Hi All,
While this question certainly looks "crazy", it can be solved rather easily by TESTing VALUES, staying organized and looking for logical patterns.
We're told that there are 2 lists of numbers (List L and List M), but we're NOT told ANYTHING about the lists. We can make them as simple of complex as we choose. I choose to make them SIMPLE....
List L: {2, 2} Average = 2, number of terms = 2
List M: {3, 3, 3} Average = 3, number of terms = 3
The prompt assigns a number of variables to different terms:
X = # of terms in List L
Y = # of terms in List M
P = Average of List L
Q = Average of ALL the terms in Lists L and M.

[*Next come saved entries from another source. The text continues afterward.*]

-- ===== src/Catalogue.antt =====
-- src/pipeline/catalogue.py: the cities of a run.
pub mod Filter
pub mod Cities
pub mod Validity
mod Tests
use batch_api_snowflake.Base.{
  String, Bool, not, Option, none, some, List, [], ◌∷◌, keep, contains, is_empty, String-discrete,
  if◌then◌else◌,
}
use batch_api_snowflake.Errors.{Result, ok, err, value_error, file_not_found, guard, ◌>>=◌, ◌>>◌}
use batch_api_snowflake.Models.{City}

abbrev city_ids : List City → List String
city_ids [] = []
city_ids (c ∷ cities) = c.city_id ∷ city_ids cities

-- `wanted - {c.city_id for c in cities}`
unfoldable pub missing : List String → List City → List String
missing wanted cities = keep (λ id. not (contains String-discrete (city_ids cities) id)) wanted

-- The filter of `load_cities` by the ids that are asked for; none or no id asks for all cities.
unfoldable pub only_cities : Option (List String) → List City → Result (List City)
unfolding missing
only_cities none cities = ok cities
only_cities (some []) cities = ok cities
only_cities (some wanted) cities = do
  guard (is_empty (missing wanted cities)) value_error
  ok (keep (λ c. contains String-discrete wanted c.city_id) cities)

-- `load_cities`: the file, if it is there, gives the cities of its rows (Catalogue/Cities), or the
-- exception of one that is refused.
unfoldable pub load_cities : Option (Result (List City)) → Option (List String) → Result (List City)
unfolding only_cities
load_cities none only = err file_not_found
load_cities (some rows) only = rows >>= only_cities only
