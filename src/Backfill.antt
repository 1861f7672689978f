-- ===== src/Backfill.antt =====
-- airflow/dags/weather_backfill.py: the tasks of the backfill that are Python code: its plan, the
-- run of a unit of work, and the totals of its report. A day is a text between the tasks.
pub mod Plan
pub mod Units
pub mod Graph
mod Tests
use batch_api_snowflake.Base.{
  ℕ, suc, ◌+◌, ◌-◌, ltb, String, List, [], ◌∷◌, ◌++◌, map, length, Bool, if◌then◌else◌,
}
use batch_api_snowflake.Errors.{Result, ok, err, value_error}
use batch_api_snowflake.Calendar.{Date, isoformat}
use batch_api_snowflake.Models.{City}
use batch_api_snowflake.Run.{sum_of, RunSummary, Settings, run}
use batch_api_snowflake.Base.{Option, some, false}
use batch_api_snowflake.Exec.{Exec, lift, ◌>>=◌}
use batch_api_snowflake.Platform.{Platform}
use batch_api_snowflake.Contract.{Contract}
use batch_api_snowflake.Catalogue.{load_cities}
use batch_api_snowflake.Warehouse.Session.{World}

pub record WorkItem : Type 0 where
  pub city_id : String
  pub day : String

-- `MAX_BACKFILL_DAYS`
abbrev pub max_backfill_days : ℕ
max_backfill_days = 400

-- The work items of one day.
unfoldable pub day_items : List City → Date → List WorkItem
day_items [] day = []
day_items (c ∷ cities) day =
    (record { city_id = c.city_id; day = isoformat day }) ∷ day_items cities day

-- `for offset in range(span)`, with `start.add(days=offset)`.
unfoldable pub work_items : List City → Date → ℕ → List WorkItem
unfolding day_items
work_items cities start ℕ.zero = []
work_items cities start (suc span) = day_items cities start ++ work_items cities (suc start) span

-- `plan`, for the cities that `load_cities` gives.
unfoldable pub plan : Date → Date → Result (List City) → Result (List WorkItem)
unfolding work_items
plan start end cities =
    let span = suc (end - start) in
    if ltb end start
    then err value_error
    else if ltb max_backfill_days span
    then err value_error
    else (elim cities [ err e ↦ err e | ok cs ↦ ok (work_items cs start span) ])

-- `ingest_unit`: a run of the city and the day of the unit alone.
unfoldable pub ingest_unit :
    (String → Result Date)
    → Platform
    → Contract
    → Settings
    → String
    → Date
    → Option (Result (List City))
    → WorkItem
    → Bool
    → Exec World RunSummary
unfolding run load_cities
ingest_unit parse p c s run_id today catalogue u full_refresh = lift (parse u.day) >>= λ day.
    lift (load_cities catalogue (some (u.city_id ∷ []))) >>= λ cities.
    run p c s run_id today day day cities full_refresh false

-- `restatement_window_days`, for a start that is not after the end.
unfoldable pub restatement_window_days : Date → Date → ℕ
restatement_window_days start end = (end - start) + 2

pub record Totals : Type 0 where
  pub units : ℕ
  pub rows_inserted : ℕ
  pub rows_updated : ℕ
  pub partitions_skipped : ℕ
  pub rows_rejected : ℕ

-- `verify`
unfoldable pub verify : List RunSummary → Totals
verify summaries = record {
  units = length summaries;
  rows_inserted = sum_of (λ s. s.rows_inserted) summaries;
  rows_updated = sum_of (λ s. s.rows_updated) summaries;
  partitions_skipped = sum_of (λ s. s.partitions_skipped) summaries;
  rows_rejected = sum_of (λ s. s.rows_rejected) summaries;
}
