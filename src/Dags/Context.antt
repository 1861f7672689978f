-- ===== src/Dags/Context.antt =====
-- scripts/validate_dags.py: render_context, in which the templates of the DAGs are rendered.
use batch_api_snowflake.Base.{ℕ, String, ◌<>◌, Bool, false, Option, none, some, List, []}

-- `_FakeVars`: an attribute reads as its name in brackets, and so does `get` without a default.
unfoldable pub fake_attribute : String → String
fake_attribute name = "<" <> (name <> ">")

unfoldable pub fake_get : String → Option String → String
unfolding fake_attribute
fake_get key none = fake_attribute key
fake_get key (some default) = default

-- What a template reads of Airflow's Variables, from `var.value` and from `var.json`.
pub record FakeVars : Type 0 where
  pub attribute : String → String
  pub get : String → Option String → String

pub record RunParams : Type 0 where
  pub start_date : String
  pub end_date : String
  pub cities : List String
  pub full_refresh : Bool

pub record RenderContext : Type 0 where
  pub params : RunParams
  pub run_id : String
  pub ds : String
  -- `ti.xcom_pull(task_ids=...)`
  pub xcom_pull : String → ℕ
  pub value : FakeVars
  pub json : FakeVars

abbrev fake_vars : FakeVars
fake_vars = record { attribute = fake_attribute; get = fake_get }

-- `render_context`
unfoldable pub render_context : RenderContext
unfolding fake_get
render_context = record {
  params = record {
    start_date = "2026-07-01";
    end_date = "2026-07-31";
    cities = [];
    full_refresh = false;
  };
  run_id = "scheduled__2026-09-10T05:00:00+00:00";
  ds = "2026-09-10";
  xcom_pull = λ task_ids. 7;
  value = fake_vars;
  json = fake_vars;
}
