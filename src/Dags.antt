-- ===== src/Dags.antt =====
-- scripts/validate_dags.py: the checks of the DAG files. What Airflow's DagBag gives for a folder,
-- and whether Jinja renders a template in the environment of a DAG and a context, are parameters.
pub mod Context
pub mod Checks
mod Tests
use Prim.Native.Nat.{Ordering}
use Prim.Native.String
use batch_api_snowflake.Base.{
  ℕ, String, ◌<>◌, Bool, true, false, not, Option, none, some, List, [], ◌∷◌, ◌++◌, map, keep,
  flat_map, is_empty, contains, String-discrete, str_eq, length, if◌then◌else◌,
}
use batch_api_snowflake.Base.Dict.{Dict, keys, lookup}
use batch_api_snowflake.Values.{Value, text}
use batch_api_snowflake.Contract.{sorted}
use batch_api_snowflake.Dags.Context.{RenderContext, render_context}

-- The templates of a BashOperator: `bash_command` and `env`.
pub record BashFields : Type 0 where
  pub bash_command : Value
  pub env : Option (Dict String Value)

-- A task, with its templates if it is a BashOperator.
pub record DagTask : Type 0 where
  pub task_id : String
  pub downstream_task_ids : List String
  pub bash : Option BashFields

abbrev pub Dag : Type 0
Dag = List DagTask

pub record DagBag : Type 0 where
  pub import_errors : Dict String String
  pub dags : Dict String Dag

-- An edge that is asserted: the DAG, the upstream and the downstream task.
abbrev pub Edge : Type 0
Edge = String × String × String

-- `EXPECTED_DAGS`
abbrev pub expected_dags : Dict String (List String)
expected_dags =
    (
      "weather_batch_daily",
      "start" ∷ "target_date" ∷ "preflight" ∷ "ingest.ingest_city" ∷ "transform.dbt_deps"
          ∷ "transform.dbt_seed" ∷ "transform.dbt_source_freshness" ∷ "transform.dbt_run"
          ∷ "transform.dbt_test" ∷ "report" ∷ "finish" ∷ [],
    )
    ∷ (
      "weather_backfill",
      "plan" ∷ "ingest_unit" ∷ "restatement_window_days" ∷ "rebuild_marts" ∷ "verify" ∷ [],
    )
    ∷ []

-- `EXPECTED_EDGES`
abbrev pub expected_edges : List Edge
expected_edges =
    ("weather_batch_daily", "transform.dbt_source_freshness", "transform.dbt_run")
    ∷ ("weather_batch_daily", "transform.dbt_run", "transform.dbt_test")
    ∷ ("weather_backfill", "ingest_unit", "rebuild_marts")
    ∷ ("weather_backfill", "restatement_window_days", "rebuild_marts")
    ∷ []

-- The problems, by the values that their messages are formatted from.
pub data Problem : Type 0 where
  import_error : String → String → Problem
  dag_is_missing : String → List String → Problem
  missing_tasks : String → List String → Problem
  no_task : String → String → Problem
  edge_is_missing : String → String → String → Problem
  failed_to_render : String → String → String → Problem

abbrev pub task_ids : Dag → List String
task_ids dag = map (λ t. t.task_id) dag

-- `dag.get_task(task_id)`, where `none` is an exception.
unfoldable pub get_task : String → Dag → Option DagTask
get_task task_id [] = none
get_task task_id (t ∷ dag) = if str_eq task_id t.task_id then some t else get_task task_id dag

import_problems : Dict String String → List Problem
import_problems errors = map (λ e. import_error e.0 e.1) errors

-- The tasks that are expected and not there.
abbrev pub missing_from : Dag → List String → List String
missing_from dag expected = keep (λ t. not (contains String-discrete (task_ids dag) t)) expected

-- What the loop over the expected DAGs finds for one of them, if the bag has it.
unfoldable pub dag_problems : List String → Option Dag → String × List String → List Problem
unfolding sorted
dag_problems dag_ids none (dag_id, expected) = dag_is_missing dag_id (sorted dag_ids) ∷ []
dag_problems dag_ids (some dag) (dag_id, expected) =
    let missing = missing_from dag expected in
    if is_empty missing then [] else missing_tasks dag_id (sorted missing) ∷ []

missing_edge : Option DagTask → Edge → List Problem
missing_edge none (dag_id, upstream, downstream) = no_task dag_id upstream ∷ []
missing_edge (some t) (dag_id, upstream, downstream) =
    if contains String-discrete t.downstream_task_ids downstream
    then []
    else edge_is_missing dag_id upstream downstream ∷ []

-- What the loop over the expected edges finds for one of them, in its DAG if the bag has it.
unfoldable pub edge_problems : Option Dag → Edge → List Problem
unfolding get_task missing_edge
edge_problems none edge = []
edge_problems (some dag) edge = missing_edge (get_task edge.1 dag) edge

env_targets : Option (Dict String Value) → List (String × Value)
env_targets none = []
env_targets (some env) = map (λ e. ("env[" <> (e.0 <> "]"), e.1)) env

-- The labelled templates of a task.
unfoldable pub targets : DagTask → List (String × Value)
unfolding env_targets
targets t = elim t.bash [
  | none ↦ []
  | some b ↦ ("bash_command", b.bash_command) ∷ env_targets b.env
]

insert_dag : String × Dag → Dict String Dag → Dict String Dag
insert_dag d [] = d ∷ []
insert_dag d (e ∷ es) =
    let rest = insert_dag d es in
    elim (String.compare d.0 e.0) [ Ordering.gt ↦ e ∷ rest | _ ↦ d ∷ e ∷ es ]

-- `sorted(bag.dags.items())`, whose keys are distinct.
unfoldable pub sorted_dags : Dict String Dag → Dict String Dag
unfolding insert_dag
sorted_dags [] = []
sorted_dags (d ∷ ds) = insert_dag d (sorted_dags ds)

module _ (renders : String → RenderContext → String → Bool) where
  -- What the innermost loop finds for one template; a value that is no text is passed over.
  unfoldable pub target_problems : String → String → String × Value → List Problem
  target_problems dag_id task_id (label, text s) =
      if renders dag_id render_context s then [] else failed_to_render dag_id task_id label ∷ []
  target_problems dag_id task_id (label, v) = []

  unfoldable pub task_problems : String → DagTask → List Problem
  unfolding target_problems targets
  task_problems dag_id t = flat_map (target_problems dag_id t.task_id) (targets t)

  unfoldable pub render_problems : String × Dag → List Problem
  unfolding task_problems
  render_problems (dag_id, dag) = flat_map (task_problems dag_id) dag

  -- The list `problems` at the end of `main`.
  unfoldable pub problems : DagBag → List Problem
  unfolding import_problems dag_problems edge_problems sorted_dags render_problems lookup
  problems bag =
      import_problems bag.import_errors
      ++ flat_map (λ d. dag_problems (keys bag.dags) (lookup String-discrete d.0 bag.dags) d)
          expected_dags
      ++ flat_map (λ e. edge_problems (lookup String-discrete e.0 bag.dags) e) expected_edges
      ++ flat_map render_problems (sorted_dags bag.dags)

  -- `main`
  unfoldable pub main : DagBag → ℕ
  unfolding problems
  main bag = if is_empty (problems bag) then 0 else 1

  -- The script: the exit code 2 where there is no such folder.
  unfoldable pub exit_code : Option DagBag → ℕ
  unfolding main
  exit_code none = 2
  exit_code (some bag) = main bag
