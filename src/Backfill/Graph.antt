-- ===== src/Backfill/Graph.antt =====
-- The tasks of the backfill DAG, their edges and their templates, as scripts/validate_dags.py sees
-- them. A task's argument that is another task's result makes an edge, and so does `>>`.
use batch_api_snowflake.Base.{none, some, [], ◌∷◌}
use batch_api_snowflake.Values.{text}
use batch_api_snowflake.Dags.{DagTask, Dag}

abbrev rebuild_marts : DagTask
rebuild_marts = record {
  task_id = "rebuild_marts";
  downstream_task_ids = "verify" ∷ [];
  bash = some (record {
    bash_command =
        text
          "cd /opt/pipeline/dbt && dbt build --target prod --vars '{\"restatement_window_days\": {{ ti.xcom_pull(task_ids='restatement_window_days') }}}'";
    env = some (
        ("DBT_PROFILES_DIR", text "/opt/pipeline/dbt")
        ∷ ("AIRFLOW_CTX_DAG_RUN_ID", text "{{ run_id }}")
        ∷ []);
  });
}

abbrev pub weather_backfill : Dag
weather_backfill =
    (record { task_id = "plan"; downstream_task_ids = "ingest_unit" ∷ []; bash = none })
    ∷ (record {
      task_id = "ingest_unit";
      downstream_task_ids = "rebuild_marts" ∷ "verify" ∷ [];
      bash = none;
    })
    ∷ (record {
      task_id = "restatement_window_days";
      downstream_task_ids = "rebuild_marts" ∷ [];
      bash = none;
    })
    ∷ rebuild_marts
    ∷ (record { task_id = "verify"; downstream_task_ids = []; bash = none })
    ∷ []
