-- ===== src/Backfill/Plan.antt =====
-- What a backfill does, against the loops of a run over the same window.
use batch_api_snowflake.Base.{
  true, false, ◌≡◌, refl, ap, ℕ, zero, suc, ◌+◌, ◌-◌, ◌≤◌, ◌<◌, ◌⊎◌, ltb, leb, List, [], ◌∷◌,
  flat_map, arith, map, ◌∙◌,
}
use batch_api_snowflake.Errors.{Result, ok, err, value_error}
use batch_api_snowflake.Calendar.{Date, isoformat}
use batch_api_snowflake.Models.{City}
use batch_api_snowflake.Run.{date_range, dates_from}
use batch_api_snowflake.Backfill.{WorkItem, day_items, work_items, plan, max_backfill_days}

work_items_lem :
    (cities : List City) (span start end : ℕ)
    → span ≡ suc end - start
    → work_items cities start span ≡ flat_map (day_items cities) (dates_from span start end)
unfolding work_items dates_from
work_items_lem cities zero start end e = refl
work_items_lem cities (suc span) start end e =
    let some_day : leb start end ≡ true = ground (arith, e) in
    rw (some_day, work_items_lem cities span (suc start) end (omega (arith, e)))

-- The unit of a city and a day.
abbrev pub unit_of : Date → City → WorkItem
unit_of day city = record { city_id = city.city_id; day = isoformat day }

day_items-eq-map :
    (cities : List City) (day : Date) → day_items cities day ≡ map (unit_of day) cities
unfolding day_items
day_items-eq-map [] day = refl
day_items-eq-map (c ∷ cities) day =
    ap (λ items. unit_of day c ∷ items) (day_items-eq-map cities day)

units_lem :
    (cities : List City) (days : List Date)
    → flat_map (day_items cities) days ≡ flat_map (λ day. map (unit_of day) cities) days
units_lem cities [] = refl
units_lem cities (day ∷ days) = rw (day_items-eq-map cities day, units_lem cities days) refl

-- A window of at most 400 days, the right way round: the plan has one unit for each day of the
-- window and each city, with the identifier of the city and the day in ISO form, day after day as a
-- run over the window takes them, and in each day in the order of the cities.
pub plan-date_range :
    (start end : Date) (cities : List City)
    → start ≤ end
    → end < start + max_backfill_days
    → plan start end (ok cities)
      ≡ ok (flat_map (λ day. map (unit_of day) cities) (date_range start end))
unfolding plan date_range
plan-date_range start end cities le few =
    let forward : ltb end start ≡ false = ground (arith, le) in
    let fits : ltb max_backfill_days (suc (end - start)) ≡ false = ground (arith, few, le) in
    let same : suc (end - start) ≡ suc end - start = omega (arith, le) in
    rw (forward, fits, ← same)
      (ap ok (
        work_items_lem cities (suc (end - start)) start end same
        ∙ units_lem cities (dates_from (suc (end - start)) start end)))

-- A window that ends before it starts, or that has more than 400 days, is refused.
pub plan-refused :
    (start end : Date) (cities : Result (List City))
    → (end < start) ⊎ (start + max_backfill_days ≤ end)
    → plan start end cities ≡ err value_error
unfolding plan
plan-refused start end cities bad = ground (arith, bad)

Using the above 2 lists as reference:
X = 2
Y = 3
P = 2
Q = 13/5 = 2.6
We're asked for the AVERAGE of LIST M. Before you jump into the answer choices, think about what you're asked for....The AVERAGE of List M.....Since list M has 3 terms, we will eventually divide a sum by 3. Now, look at the answer choices.....which answers do NOT do that.... You can eliminate Answer A (it divides by 2) and Answer D (it divides by 5). Now, we just have to check 3 answers; we're looking for an answer that is the AVERAGE of List M, so we're looking for the number 3.
Answer B: (QY-PX)/Y = (7.8 - 4)/3 = 3.8/3 This is clearly too small. Eliminate B.
Answer C: (P+Q)X/Y = (4.6)(2)/3 = 9.2/3 This is too big. Eliminate C.
Answer E is all that's left, but I'll check it just to be sure....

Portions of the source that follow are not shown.